[Collected data]
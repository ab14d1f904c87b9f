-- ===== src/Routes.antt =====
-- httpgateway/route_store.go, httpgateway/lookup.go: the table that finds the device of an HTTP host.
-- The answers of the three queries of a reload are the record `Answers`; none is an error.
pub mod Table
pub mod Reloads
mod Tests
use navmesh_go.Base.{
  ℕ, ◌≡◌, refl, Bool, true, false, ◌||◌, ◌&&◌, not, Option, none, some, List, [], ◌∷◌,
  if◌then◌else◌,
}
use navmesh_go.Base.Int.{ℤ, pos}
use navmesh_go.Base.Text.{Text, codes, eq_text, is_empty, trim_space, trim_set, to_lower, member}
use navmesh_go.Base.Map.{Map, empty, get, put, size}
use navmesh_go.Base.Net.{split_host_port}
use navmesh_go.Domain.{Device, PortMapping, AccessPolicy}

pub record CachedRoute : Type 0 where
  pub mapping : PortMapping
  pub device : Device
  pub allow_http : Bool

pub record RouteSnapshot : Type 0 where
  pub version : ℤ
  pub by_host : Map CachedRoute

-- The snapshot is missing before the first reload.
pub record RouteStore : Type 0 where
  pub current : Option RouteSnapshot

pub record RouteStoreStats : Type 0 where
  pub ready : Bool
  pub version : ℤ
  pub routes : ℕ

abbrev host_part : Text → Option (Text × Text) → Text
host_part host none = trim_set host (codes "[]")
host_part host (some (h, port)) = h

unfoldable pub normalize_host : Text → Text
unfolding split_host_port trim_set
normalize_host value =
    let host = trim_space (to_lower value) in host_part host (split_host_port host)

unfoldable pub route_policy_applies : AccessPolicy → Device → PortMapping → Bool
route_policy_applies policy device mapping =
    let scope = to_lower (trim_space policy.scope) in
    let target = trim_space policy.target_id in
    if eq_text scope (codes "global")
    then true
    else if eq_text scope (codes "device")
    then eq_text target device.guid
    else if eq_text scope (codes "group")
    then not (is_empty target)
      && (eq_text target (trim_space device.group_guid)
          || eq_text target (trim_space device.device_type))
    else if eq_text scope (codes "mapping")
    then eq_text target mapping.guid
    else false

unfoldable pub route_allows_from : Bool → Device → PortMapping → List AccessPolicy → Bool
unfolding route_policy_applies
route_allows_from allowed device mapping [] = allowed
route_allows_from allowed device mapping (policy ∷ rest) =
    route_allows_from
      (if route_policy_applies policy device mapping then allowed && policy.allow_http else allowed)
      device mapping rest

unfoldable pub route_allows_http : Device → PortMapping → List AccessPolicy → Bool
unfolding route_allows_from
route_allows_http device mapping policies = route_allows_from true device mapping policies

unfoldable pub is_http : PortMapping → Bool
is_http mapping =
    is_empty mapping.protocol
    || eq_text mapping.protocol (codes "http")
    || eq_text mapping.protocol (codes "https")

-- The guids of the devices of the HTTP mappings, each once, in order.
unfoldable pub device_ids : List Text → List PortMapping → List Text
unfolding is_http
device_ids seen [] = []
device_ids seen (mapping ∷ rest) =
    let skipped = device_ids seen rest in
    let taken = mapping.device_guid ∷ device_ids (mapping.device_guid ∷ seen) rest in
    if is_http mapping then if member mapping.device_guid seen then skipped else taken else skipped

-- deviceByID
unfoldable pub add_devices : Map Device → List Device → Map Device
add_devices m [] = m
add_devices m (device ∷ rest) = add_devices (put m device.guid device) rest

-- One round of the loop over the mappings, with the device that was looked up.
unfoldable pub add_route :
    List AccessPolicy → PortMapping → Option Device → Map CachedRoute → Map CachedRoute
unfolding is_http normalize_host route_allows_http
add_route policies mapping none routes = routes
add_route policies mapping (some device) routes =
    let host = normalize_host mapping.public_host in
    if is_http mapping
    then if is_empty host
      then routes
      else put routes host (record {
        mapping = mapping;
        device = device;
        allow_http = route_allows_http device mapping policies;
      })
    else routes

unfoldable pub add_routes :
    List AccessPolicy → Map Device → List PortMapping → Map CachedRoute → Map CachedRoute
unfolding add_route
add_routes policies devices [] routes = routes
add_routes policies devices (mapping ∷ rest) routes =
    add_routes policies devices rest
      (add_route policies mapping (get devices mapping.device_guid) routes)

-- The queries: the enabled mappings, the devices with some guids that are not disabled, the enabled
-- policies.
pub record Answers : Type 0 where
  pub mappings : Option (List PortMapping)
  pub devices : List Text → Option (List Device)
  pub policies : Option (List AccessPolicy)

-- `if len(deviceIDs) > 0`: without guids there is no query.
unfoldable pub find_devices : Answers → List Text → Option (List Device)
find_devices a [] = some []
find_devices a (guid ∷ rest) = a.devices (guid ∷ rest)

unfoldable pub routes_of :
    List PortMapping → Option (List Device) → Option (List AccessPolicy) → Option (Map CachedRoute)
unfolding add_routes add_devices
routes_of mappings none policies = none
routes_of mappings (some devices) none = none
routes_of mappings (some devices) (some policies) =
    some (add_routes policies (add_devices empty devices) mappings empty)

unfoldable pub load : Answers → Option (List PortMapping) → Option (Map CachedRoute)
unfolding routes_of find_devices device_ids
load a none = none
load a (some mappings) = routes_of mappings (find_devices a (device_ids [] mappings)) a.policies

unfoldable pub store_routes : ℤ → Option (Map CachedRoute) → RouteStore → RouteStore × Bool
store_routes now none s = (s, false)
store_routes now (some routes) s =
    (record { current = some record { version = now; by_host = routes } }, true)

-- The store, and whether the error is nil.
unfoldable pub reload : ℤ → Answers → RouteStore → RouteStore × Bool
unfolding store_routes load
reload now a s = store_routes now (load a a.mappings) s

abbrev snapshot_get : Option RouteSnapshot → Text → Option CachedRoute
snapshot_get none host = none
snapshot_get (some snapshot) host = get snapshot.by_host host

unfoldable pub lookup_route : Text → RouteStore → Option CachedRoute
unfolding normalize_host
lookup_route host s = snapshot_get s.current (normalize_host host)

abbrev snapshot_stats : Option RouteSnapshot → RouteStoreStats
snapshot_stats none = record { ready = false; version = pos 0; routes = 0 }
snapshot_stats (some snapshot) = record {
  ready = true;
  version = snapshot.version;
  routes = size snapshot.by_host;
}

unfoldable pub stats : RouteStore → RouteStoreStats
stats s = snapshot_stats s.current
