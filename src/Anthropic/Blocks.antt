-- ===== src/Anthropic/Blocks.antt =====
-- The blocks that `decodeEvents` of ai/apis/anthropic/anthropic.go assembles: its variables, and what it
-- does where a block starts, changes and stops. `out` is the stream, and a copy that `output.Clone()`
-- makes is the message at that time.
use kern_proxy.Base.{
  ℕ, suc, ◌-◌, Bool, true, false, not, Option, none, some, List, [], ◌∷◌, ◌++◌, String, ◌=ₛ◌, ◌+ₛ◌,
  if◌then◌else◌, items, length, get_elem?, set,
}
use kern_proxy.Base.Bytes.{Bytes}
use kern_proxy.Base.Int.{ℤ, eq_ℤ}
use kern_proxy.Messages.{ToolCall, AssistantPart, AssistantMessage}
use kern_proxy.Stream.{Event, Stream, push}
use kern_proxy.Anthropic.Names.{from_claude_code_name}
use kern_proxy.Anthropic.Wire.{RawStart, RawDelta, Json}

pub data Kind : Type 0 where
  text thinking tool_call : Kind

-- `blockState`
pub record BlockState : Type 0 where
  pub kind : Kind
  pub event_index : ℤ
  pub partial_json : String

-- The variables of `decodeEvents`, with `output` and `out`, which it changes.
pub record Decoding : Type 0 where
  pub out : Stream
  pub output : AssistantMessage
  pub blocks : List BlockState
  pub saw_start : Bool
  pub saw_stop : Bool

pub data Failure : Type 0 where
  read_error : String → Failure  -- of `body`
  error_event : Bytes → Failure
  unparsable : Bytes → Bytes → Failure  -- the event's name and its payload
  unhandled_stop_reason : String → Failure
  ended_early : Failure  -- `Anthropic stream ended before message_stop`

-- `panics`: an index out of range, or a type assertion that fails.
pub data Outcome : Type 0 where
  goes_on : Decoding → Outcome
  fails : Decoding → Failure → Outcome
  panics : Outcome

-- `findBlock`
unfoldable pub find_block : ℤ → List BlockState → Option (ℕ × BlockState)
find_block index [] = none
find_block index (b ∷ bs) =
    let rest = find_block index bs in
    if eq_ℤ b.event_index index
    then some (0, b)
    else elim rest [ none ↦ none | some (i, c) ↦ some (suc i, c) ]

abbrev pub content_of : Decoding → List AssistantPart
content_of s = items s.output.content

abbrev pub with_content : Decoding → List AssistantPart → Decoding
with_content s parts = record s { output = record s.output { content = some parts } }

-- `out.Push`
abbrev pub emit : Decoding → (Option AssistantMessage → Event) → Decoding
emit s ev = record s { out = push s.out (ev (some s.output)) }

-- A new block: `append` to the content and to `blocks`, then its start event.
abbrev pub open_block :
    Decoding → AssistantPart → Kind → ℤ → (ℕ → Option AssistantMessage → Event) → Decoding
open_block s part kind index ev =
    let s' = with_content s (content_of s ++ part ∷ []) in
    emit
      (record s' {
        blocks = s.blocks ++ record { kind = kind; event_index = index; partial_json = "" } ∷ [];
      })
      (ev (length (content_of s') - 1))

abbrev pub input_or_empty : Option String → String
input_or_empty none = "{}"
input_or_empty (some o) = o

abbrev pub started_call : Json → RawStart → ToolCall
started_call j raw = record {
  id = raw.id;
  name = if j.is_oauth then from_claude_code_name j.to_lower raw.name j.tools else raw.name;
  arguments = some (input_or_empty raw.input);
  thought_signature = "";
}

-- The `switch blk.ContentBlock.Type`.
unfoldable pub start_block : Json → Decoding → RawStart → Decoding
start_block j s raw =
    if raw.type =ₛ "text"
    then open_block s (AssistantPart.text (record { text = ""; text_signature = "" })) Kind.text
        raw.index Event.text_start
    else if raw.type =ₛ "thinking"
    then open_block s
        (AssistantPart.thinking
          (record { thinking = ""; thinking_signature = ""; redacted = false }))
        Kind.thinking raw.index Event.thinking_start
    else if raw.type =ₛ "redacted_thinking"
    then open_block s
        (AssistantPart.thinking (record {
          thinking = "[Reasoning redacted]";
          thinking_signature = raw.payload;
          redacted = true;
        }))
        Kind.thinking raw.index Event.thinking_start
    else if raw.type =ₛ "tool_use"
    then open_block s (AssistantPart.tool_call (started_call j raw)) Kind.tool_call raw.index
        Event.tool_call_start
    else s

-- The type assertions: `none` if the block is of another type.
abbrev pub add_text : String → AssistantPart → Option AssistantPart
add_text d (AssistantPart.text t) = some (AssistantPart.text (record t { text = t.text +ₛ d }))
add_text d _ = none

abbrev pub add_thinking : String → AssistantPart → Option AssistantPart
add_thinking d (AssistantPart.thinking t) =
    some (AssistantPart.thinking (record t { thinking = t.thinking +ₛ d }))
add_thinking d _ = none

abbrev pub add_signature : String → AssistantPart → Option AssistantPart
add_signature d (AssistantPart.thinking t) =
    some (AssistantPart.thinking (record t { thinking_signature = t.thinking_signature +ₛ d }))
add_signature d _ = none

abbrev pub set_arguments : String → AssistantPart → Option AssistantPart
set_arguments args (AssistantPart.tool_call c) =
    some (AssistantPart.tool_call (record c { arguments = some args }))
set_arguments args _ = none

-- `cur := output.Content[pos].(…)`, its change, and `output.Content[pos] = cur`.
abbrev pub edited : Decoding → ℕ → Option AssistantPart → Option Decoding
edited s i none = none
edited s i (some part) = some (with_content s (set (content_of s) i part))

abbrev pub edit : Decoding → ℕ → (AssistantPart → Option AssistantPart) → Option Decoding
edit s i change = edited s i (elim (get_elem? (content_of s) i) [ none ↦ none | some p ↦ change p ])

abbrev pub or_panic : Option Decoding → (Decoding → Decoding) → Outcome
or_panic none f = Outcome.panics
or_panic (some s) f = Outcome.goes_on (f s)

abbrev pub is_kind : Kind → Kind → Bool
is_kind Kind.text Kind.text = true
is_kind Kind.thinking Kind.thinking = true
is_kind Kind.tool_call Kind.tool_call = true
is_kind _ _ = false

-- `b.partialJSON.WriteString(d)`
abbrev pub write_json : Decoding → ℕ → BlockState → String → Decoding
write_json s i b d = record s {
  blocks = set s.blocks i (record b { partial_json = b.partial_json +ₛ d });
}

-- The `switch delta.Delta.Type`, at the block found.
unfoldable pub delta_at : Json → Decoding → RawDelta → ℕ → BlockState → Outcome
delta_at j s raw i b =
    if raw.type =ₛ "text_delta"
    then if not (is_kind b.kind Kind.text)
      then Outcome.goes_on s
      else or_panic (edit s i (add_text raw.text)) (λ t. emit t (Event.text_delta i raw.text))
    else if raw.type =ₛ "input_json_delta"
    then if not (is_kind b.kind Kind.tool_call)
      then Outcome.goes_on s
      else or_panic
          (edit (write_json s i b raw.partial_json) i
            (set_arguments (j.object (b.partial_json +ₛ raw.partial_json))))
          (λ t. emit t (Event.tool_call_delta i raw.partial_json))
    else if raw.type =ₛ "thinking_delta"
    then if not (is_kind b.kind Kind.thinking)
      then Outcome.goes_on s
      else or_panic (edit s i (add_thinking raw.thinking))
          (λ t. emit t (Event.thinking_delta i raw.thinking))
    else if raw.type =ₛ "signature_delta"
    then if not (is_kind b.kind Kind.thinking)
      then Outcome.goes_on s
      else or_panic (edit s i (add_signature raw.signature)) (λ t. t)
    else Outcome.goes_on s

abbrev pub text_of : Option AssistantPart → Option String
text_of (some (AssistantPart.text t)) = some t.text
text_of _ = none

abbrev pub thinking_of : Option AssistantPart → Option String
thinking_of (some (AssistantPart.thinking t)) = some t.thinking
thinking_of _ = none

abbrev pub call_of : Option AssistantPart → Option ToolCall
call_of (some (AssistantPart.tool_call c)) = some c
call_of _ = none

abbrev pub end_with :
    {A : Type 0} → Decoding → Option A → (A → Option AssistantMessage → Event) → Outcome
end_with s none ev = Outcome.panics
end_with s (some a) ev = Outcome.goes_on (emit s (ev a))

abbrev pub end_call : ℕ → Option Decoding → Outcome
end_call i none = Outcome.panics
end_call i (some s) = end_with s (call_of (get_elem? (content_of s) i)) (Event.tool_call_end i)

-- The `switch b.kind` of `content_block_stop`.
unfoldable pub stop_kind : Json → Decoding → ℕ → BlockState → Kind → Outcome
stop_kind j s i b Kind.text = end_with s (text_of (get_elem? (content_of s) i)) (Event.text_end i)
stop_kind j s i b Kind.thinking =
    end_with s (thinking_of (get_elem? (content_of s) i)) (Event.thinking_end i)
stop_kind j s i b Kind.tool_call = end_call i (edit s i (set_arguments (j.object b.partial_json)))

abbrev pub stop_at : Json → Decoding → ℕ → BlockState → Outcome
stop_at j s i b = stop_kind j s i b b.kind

> **Required action**
If a line in the entries above contains the word "allowed", copy it.

> **Task answer**
route_allows_from allowed device mapping [] = allowed
route_allows_from allowed device mapping (policy ∷ rest) =
      (if route_policy_applies policy device mapping then allowed && policy.allow_http else allowed)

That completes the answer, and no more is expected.